The Butterfly and the Dump Truck

Brian T. Maurer

Cell 2 Soul. 2006 Autumn; 2(3):a6

Butterfly
Photographer: Thomas Doty
[Larger Image]

Waiting in my car at the traffic light, I caught sight of it: a large yellow and black butterfly floundering on the tarmac.

Several cars sped by, blowing the delicate insect about on the road. In desperation, it gripped the macadam with its tiny feet, then struggled to lift both wings from where they lay to one side.

Finally it succeeded, wings upright together. The butterfly lifted off, flapping wildly, just as the traffic light changed to green.

Immediately opposite from where I sat mesmerized by this microcosmic spectacle, a monstrous eight-wheeled dump truck crossed in front of my car, its amber signal blazing as the driver let out the clutch and accelerated through the intersection. I glimpsed the grey outline of a bulldog emblazoned on the chrome grill, glistening in the morning sun. Several tons of steel caught the yellow form in mid air, and left it lying motionless on the road in its wake.

Only I had witnessed this seemingly insignificant act of involuntary slaughter on my way to the office.

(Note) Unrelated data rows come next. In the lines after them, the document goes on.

-- ===== src/Mqtt/Stopped.antt =====
-- The bridge after its stop: whatever is still under way, nothing is published or asked any more.
use lovensepy.Base.{
  String, ◌≡◌, refl, Bool, true, false, Option, List, [], ◌∷◌, arith, any, ℕ_Eq, String_Eq, Pair_Eq,
  Codes_Eq,
}
use lovensepy.Services.Snapshot.{Json}
use lovensepy.Mqtt.Topics.{command_parts}
use lovensepy.Mqtt.Payloads.{Python}
use lovensepy.Mqtt.Bridge.{Bridge, Call, Message}
use lovensepy.Mqtt.Commands.{Outcome, Job, receive, returned}
use lovensepy.Mqtt.Events.{Row, handle_toy_event, toys_answered, on_connect, stop}
use lovensepy.Mqtt.Off.{Off, returned-Off, receive-Off, event-Off, answered-Off}

-- A stretch of the bridge's code; a handler, a call of the control client or a refresh that waits for
-- GetToys may have begun before the stop. A refresh that begins after it asks nothing and is left out.
pub data Event : Type 0 where
  message : String → String → Event
  call_returns : Outcome → Job → Event
  app_event : String → Json → Event
  toys_return : Option (List Row) → Event
  connected : Bool → Event

unfoldable pub step : Python → Event → Bridge → Bridge
unfolding receive returned handle_toy_event toys_answered on_connect
step p (message topic payload) b = (receive p topic payload b).0
step p (call_returns o job) b = returned o job b
step p (app_event event_type body) b = handle_toy_event p event_type body b
step p (toys_return rows) b = toys_answered p rows b
step p (connected is_failure) b = on_connect is_failure b

unfoldable pub run : Python → List Event → Bridge → Bridge
unfolding step
run p [] b = b
run p (e ∷ es) b = run p es (step p e b)

-- Whether the broker has called `_on_connect`. It does so on the thread of its client, which
-- `loop_stop` ends.
abbrev pub is_connected : Event → Bool
is_connected (connected c) = true
is_connected _ = false

module _ (ms : List Message) (cs : List Call) where
  step-Off :
      (p : Python) (e : Event) (b : Bridge)
      → is_connected e ≡ false
      → Off ms cs b
      → Off ms cs (step p e b)
  unfolding step receive
  step-Off p (message topic payload) b other h =
      receive-Off ms cs p (command_parts b.prefix topic) payload b h
  step-Off p (call_returns o job) b other h = returned-Off ms cs o job b h
  step-Off p (app_event event_type body) b other h = event-Off ms cs p event_type body b h
  step-Off p (toys_return rows) b other h = answered-Off ms cs p rows b h
  step-Off p (connected c) b other h = absurd (ground arith)

  run-Off :
      (p : Python) (es : List Event) (b : Bridge)
      → any is_connected es ≡ false
      → Off ms cs b
      → Off ms cs (run p es b)
  unfolding run
  run-Off p [] b others h = h
  run-Off p (e ∷ es) b others h =
      run-Off p es (step p e b) (ground arith) (step-Off p e b (ground arith) h)

-- After the stop of the bridge nothing is published and nothing is asked of the control client, whatever
-- commands and events follow, and whatever calls and refreshes return that had begun before it; unless
-- the broker still calls `_on_connect`.
pub stop-silent :
    (p : Python) (es : List Event) (b : Bridge)
    → any is_connected es ≡ false
    → ((run p es (stop b)).sent ≡ (stop b).sent) × ((run p es (stop b)).calls ≡ (stop b).calls)
unfolding stop
stop-silent p es b others =
    let s : Bridge = stop b in
    let after : Off s.sent s.calls (run p es s) =
      run-Off s.sent s.calls p es s others
        (record { no_mqtt = refl; no_control = refl; same_sent = refl; same_calls = refl }) in
    (after.same_sent, after.same_calls)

Yesterday, the news of the death of Islamic terrorist Abu Musab Al-Zarqawi broke. The facts have been pouring in over the past twenty-four hours. Acting on an intelligence tip, American forces dropped two 500-pound bombs on a safehouse north of Baghdad where Zarqawi was meeting with his associates. According to early news reports, six people died in the attack. A woman and a child were among the dead.

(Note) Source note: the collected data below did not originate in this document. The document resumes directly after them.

-- ===== src/Mqtt/Tests.antt =====
-- Tests of the bridge, and its theorems at concrete inputs.
use lovensepy.Base.{
  ℕ, zero, suc, ◌+◌, ◌-◌, ◌*◌, ◌/◌, ◌%◌, ◌^◌, ◌≤◌, ◌<◌, min, max, String, ◌≡◌, refl, sym, ap, ◌∙◌,
  ◌≢◌, ◌↔◌, ◌⊎◌, inl, inr, Bool, true, false, not, ◌&&◌, ◌||◌, Option, none, some, List, [], ◌∷◌,
  ◌++◌, map, arith, eq_iff, ltb, leb, nat_eq, if◌then◌else◌, ltb→lt, lt→ltb, leb→le, le→leb,
  nat_eq_iff, Bool-cases, Option-cases, is_some, length, take, drop, all, any, length-append, All,
  All-append, HasSame, ◌==◌, ==-self, ℕ_Eq, String_Eq, Pair_Eq, Codes_Eq, pair_eq_iff, codes_eq_iff,
  tests, if_split, if_true, if_false,
}
use lovensepy.Base.Dict.{Dict, get}
use lovensepy.Base.Int.{pos}
use lovensepy.Base.Text.{strip}
use lovensepy.Services.Snapshot.{Fields, null, text, number, object, no_fields, field, value_at}
use lovensepy.Toys.Features.{features_for_toy, member}
use lovensepy.Mqtt.Topics.{
  trim, mqtt_safe_toy_id, command_parts, command_topic, state_topic, feature_topic_segment,
  topic_segment_to_action_name,
}
use lovensepy.Mqtt.Payloads.{Python, toy_of, battery_from_payload, parse_toy_list_data}
use lovensepy.Mqtt.Strength.{clamp_feature, thousandths, strength_from_payload}
use lovensepy.Mqtt.Discovery.{range_or_default, discovery_object_id, Shared, number_entity}
use lovensepy.Mqtt.Bridge.{Bridge, level, stop_call, shows, function_call, levels_of}
use lovensepy.Mqtt.Commands.{
  done, not_connected, merged_actions, or_zero, unquote, handle_command_topic,
}
use lovensepy.Mqtt.Events.{show_strength, stop}
use lovensepy.Mqtt.Levels.{level_of}
use lovensepy.Mqtt.Parts.{command_parts-advertised}
use lovensepy.Mqtt.Applied.{handle_command_topic-applies}
use lovensepy.Mqtt.Refused.{handle_command_topic-refused}
use lovensepy.Mqtt.Silent.{last_on, zero_shown, handle_command_topic-stops}
use lovensepy.Mqtt.Stopped.{message, toys_return, call_returns, run, stop-silent}
use lovensepy.Mqtt.Events.{Row}
use lovensepy.Mqtt.Commands.{stop_job}
use lovensepy.Mqtt.Bounds.{Announced, clamp_feature-Announced}
use lovensepy.Mqtt.Overlap.{overlapping, overlapping-undoes}
use lovensepy.Mqtt.Stale.{show_strength-stale}

abbrev python : Python
python = record {
  int_of_text = λ s. if s == "5" then some (pos 5) else if s == "50" then some (pos 50) else none;
  str_of = λ v. "";
}

abbrev nora : Fields
nora = field "id" (text "ab1") (field "toyType" (text "nora") no_fields)

abbrev house : Bridge
house = record {
  prefix = "home";
  running = true;
  mqtt = true;
  control = true;
  deduper = [];
  toys = ("ab1", nora) ∷ [];
  published_discovery = [];
  initialized = [];
  feature_levels = ("ab1", ("Vibrate", pos 7) ∷ []) ∷ [];
  inventory_ready = true;
  cleared = [];
  sent = [];
  calls = [];
}

clean_id : mqtt_safe_toy_id " ab/1 #+c_ " ≡ "ab_1_c"
unfolding mqtt_safe_toy_id lovensepy.Mqtt.Topics.is_safe
clean_id = refl

no_id : mqtt_safe_toy_id "//" ≡ "toy"
unfolding mqtt_safe_toy_id lovensepy.Mqtt.Topics.is_safe
no_id = refl

quoted : unquote "'Pulse '" ≡ "Pulse"
unfolding unquote
quoted = refl

object_id : discovery_object_id "my home/x" "ab1" "stop" ≡ "my_home_x_ab1_stop"
unfolding discovery_object_id
object_id = refl

battery_nested :
    battery_from_payload python
      (object (field "data" (object (field "value" (number 130000) no_fields)) no_fields))
    ≡ some 100
unfolding battery_from_payload
battery_nested = refl

strengths_read :
    strength_from_payload python
      (field "toyId"
        (text "ab1")
        (field "function" (text "v2") (field "value" (number 4500) no_fields)))
      "ab1"
    ≡ (("V2", 4500) ∷ [])
unfolding strength_from_payload lovensepy.Base.Dict.put lovensepy.Base.Text.capitalize
strengths_read = refl

rotate_parts : command_parts "home" "home/ab1/rotate/set" ≡ some ("ab1", "rotate")
unfolding command_parts
rotate_parts = refl

vibrate_parts : command_parts "home" "home/ab1/vibrate/set" ≡ some ("ab1", "vibrate")
unfolding command_parts
vibrate_parts = refl

stop_parts : command_parts "home" "home/ab1/stop/set" ≡ some ("ab1", "stop")
unfolding command_parts
stop_parts = refl

there : get "ab1" house.toys ≡ some nora
unfolding get
there = refl

rotates : member "Rotate" (features_for_toy (toy_of nora)) ≡ true
unfolding features_for_toy toy_of lovensepy.Toys.Features.collect
    lovensepy.Toys.Features.default_features_for_toy_type lovensepy.Base.Text.lower strip get
    lovensepy.Toys.Features.drop_blanks
rotates = refl

vibrates : member "Vibrate" (features_for_toy (toy_of nora)) ≡ true
unfolding features_for_toy toy_of lovensepy.Toys.Features.collect
    lovensepy.Toys.Features.default_features_for_toy_type lovensepy.Base.Text.lower strip get
    lovensepy.Toys.Features.drop_blanks
vibrates = refl

rotate_named : topic_segment_to_action_name "rotate" ≡ some "Rotate"
unfolding topic_segment_to_action_name
rotate_named = refl

vibrate_named : topic_segment_to_action_name "vibrate" ≡ some "Vibrate"
unfolding topic_segment_to_action_name
vibrate_named = refl

counted : python.int_of_text (strip "50 ") ≡ some (pos 50)
unfolding strip
counted = refl

-- The toy's vibration stands at 7 and is kept, a rotation of 50 is 20.
turned :
    (handle_command_topic python "home/ab1/rotate/set" "50 " done house).calls
    ≡ (function_call (("Vibrate", pos 7) ∷ ("Rotate", pos 20) ∷ []) "ab1" ∷ [])
unfolding handle_command_topic lovensepy.Toys.Features.collect
    lovensepy.Toys.Features.default_features_for_toy_type lovensepy.Toys.Features.drop_blanks
turned = refl

handle_command_topic-applies_example :
    let v = clamp_feature "Rotate" (thousandths (pos 50)) in
    let merged =
      merged_actions "Rotate" v (levels_of "ab1" house) (features_for_toy (toy_of nora)) in
    let after = handle_command_topic python "home/ab1/rotate/set" "50 " done house in
    (after.calls ≡ (function_call merged "ab1" ∷ []))
    × (get "Vibrate" merged ≡ some (or_zero (level_of "ab1" "Vibrate" house)))
    × (level_of "ab1" "Vibrate" after ≡ get "Vibrate" merged)
    × (after.sent ≡ (
        record {
          topic = state_topic "home" "ab1" "rotate";
          payload = shows (level v);
          retain = false;
        }
        ∷ []))
unfolding value_at lovensepy.Mqtt.Payloads.str
handle_command_topic-applies_example =
    handle_command_topic-applies python house "home/ab1/rotate/set" "50 " "ab1" "rotate" "Rotate"
      "Vibrate" nora (pos 50) refl refl rotate_parts there rotate_named rotates counted vibrates

lost : not_connected ≢ done
lost h = cc

handle_command_topic-refused_example :
    level_of "ab1" "Vibrate"
      (handle_command_topic python "home/ab1/stop/set" "" not_connected house)
    ≡ level_of "ab1" "Vibrate" house
handle_command_topic-refused_example =
    handle_command_topic-refused python "home/ab1/stop/set" "" not_connected house "ab1" "Vibrate"
      lost

handle_command_topic-stops_example :
    let after = handle_command_topic python "home/ab1/stop/set" "PRESS" done house in
    (after.calls ≡ (stop_call (lovensepy.Mqtt.Payloads.str python (value_at "id" nora)) ∷ []))
    × (level_of "ab1" "Vibrate" after ≡ some (pos 0))
    × (last_on (state_topic "home" "ab1" (feature_topic_segment "Vibrate")) after.sent
        ≡ some zero_shown)
handle_command_topic-stops_example =
    handle_command_topic-stops python house "home/ab1/stop/set" "PRESS" "ab1" "Vibrate" nora refl
      refl stop_parts there vibrates

bare : trim 47 "home" ≡ "home"
unfolding trim
bare = refl

command_parts-advertised_example :
    (command_parts "home"
        (command_topic "home" (mqtt_safe_toy_id "AB:1") (feature_topic_segment "Rotate"))
      ≡ some (mqtt_safe_toy_id "AB:1", feature_topic_segment "Rotate"))
    × (topic_segment_to_action_name (feature_topic_segment "Rotate") ≡ some "Rotate")
command_parts-advertised_example = command_parts-advertised "home" "AB:1" "Rotate" bare refl

-- A row that GetToys answers after the stop.
abbrev late_row : Row
late_row = record { dump = nora; battery = some (pos 80) }

stop-silent_example :
    let es =
      message "home/ab1/stop/set" ""
      ∷ toys_return (some (late_row ∷ []))
      ∷ call_returns done (stop_job "ab1" nora)
      ∷ [] in
    ((run python es (stop house)).sent ≡ (stop house).sent)
    × ((run python es (stop house)).calls ≡ (stop house).calls)
stop-silent_example =
    stop-silent python
      (message "home/ab1/stop/set" ""
        ∷ toys_return (some (late_row ∷ []))
        ∷ call_returns done (stop_job "ab1" nora)
        ∷ [])
      house refl

-- What the entities of the toy share.
abbrev shared : Shared
shared = record { prefix = "home"; safe = "ab1"; device = null; availability = null }

-- Pump is announced from 0 to 3.
pump_two : Announced shared "Pump" 2
unfolding number_entity lovensepy.Mqtt.Discovery.number_config value_at range_or_default get
pump_two = (omega arith, omega arith)

clamp_feature-Announced_example :
    ((k : ℕ) × (clamp_feature "Pump" (pos 2600) ≡ pos k) × Announced shared "Pump" k)
    × (clamp_feature "Pump" (thousandths (pos 2)) ≡ pos 2)
unfolding get
clamp_feature-Announced_example = clamp_feature-Announced shared "Pump" (pos 2600) 2 refl pump_two

five : python.int_of_text (strip "5") ≡ some (pos 5)
unfolding strip
five = refl

overlapping-undoes_example :
    let v = clamp_feature "Vibrate" (thousandths (pos 5)) in
    let w = clamp_feature "Rotate" (thousandths (pos 50)) in
    let features = features_for_toy (toy_of nora) in
    let after = overlapping python "home/ab1/vibrate/set" "5" "home/ab1/rotate/set" "50 " house in
    (after.calls ≡ (
      function_call (merged_actions "Rotate" w (levels_of "ab1" house) features) "ab1"
      ∷ function_call (merged_actions "Vibrate" v (levels_of "ab1" house) features) "ab1"
      ∷ []))
    × (get "Vibrate" (merged_actions "Rotate" w (levels_of "ab1" house) features)
        ≡ some (or_zero (level_of "ab1" "Vibrate" house)))
    × (level_of "ab1" "Vibrate" after ≡ some (or_zero (level_of "ab1" "Vibrate" house)))
    × (after.sent ≡ (
        record {
          topic = state_topic "home" "ab1" "rotate";
          payload = shows (level w);
          retain = false;
        }
        ∷ record {
          topic = state_topic "home" "ab1" "vibrate";
          payload = shows (level v);
          retain = false;
        }
        ∷ []))
unfolding value_at lovensepy.Mqtt.Payloads.str
overlapping-undoes_example =
    overlapping-undoes python house "home/ab1/vibrate/set" "5" "home/ab1/rotate/set" "50 " "ab1"
      "vibrate" "rotate" "Vibrate" "Rotate" nora (pos 5) (pos 50) refl refl vibrate_parts
      rotate_parts there vibrate_named rotate_named vibrates rotates five counted refl

vibrate_segment : feature_topic_segment "Vibrate" ≡ "vibrate"
unfolding feature_topic_segment
vibrate_segment = refl

vibrate_at :
    command_parts "home" "home/ab1/vibrate/set" ≡ some ("ab1", feature_topic_segment "Vibrate")
unfolding command_parts feature_topic_segment
vibrate_at = refl

vibrate_back : topic_segment_to_action_name (feature_topic_segment "Vibrate") ≡ some "Vibrate"
unfolding topic_segment_to_action_name feature_topic_segment
vibrate_back = refl

show_strength-stale_example :
    let commanded =
      handle_command_topic python "home/ab1/vibrate/set" "5" done
        (show_strength "ab1" "Vibrate" 9000 house) in
    let after = show_strength "ab1" "Vibrate" 9000 commanded in
    (level_of "ab1" "Vibrate" after ≡ some (clamp_feature "Vibrate" (pos 9000)))
    × (last_on (state_topic "home" "ab1" (feature_topic_segment "Vibrate")) after.sent
        ≡ some (shows (level (clamp_feature "Vibrate" (thousandths (pos 5))))))
show_strength-stale_example =
    show_strength-stale python house "home/ab1/vibrate/set" "5" "ab1" "Vibrate" 9000 nora (pos 5)
      refl refl vibrate_at there vibrate_back vibrates five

Like many Americans, I felt relieved after hearing of Zarqawi's demise. Here was the leader largely responsible for inciting those terrorist groups that have carried out scores of suicide bombings, kidnappings, and beheadings in the war in Iraq — dead.

But I find my thoughts drifting to the nameless child who also died in the airstrike. Who was he? The senior American military spokesman in Iraq said the identities of the woman and child killed in the attack had yet to be confirmed.

Like the butterfly whose death I witnessed on my way to work this morning, this child just happened to be in the wrong place at the wrong time. A news broadcast showed youths picking up a child's sandal and a stuffed toy after the airstrike, perhaps the only artifacts left in testimony of this unknown short life.

Back in the Vietnam era during my youth, a popular phrase took root: War is not healthy for children and other living things. Perhaps it is time to bring it out, dust it off and reconsider it anew. It seems equally apropos for our current conflict.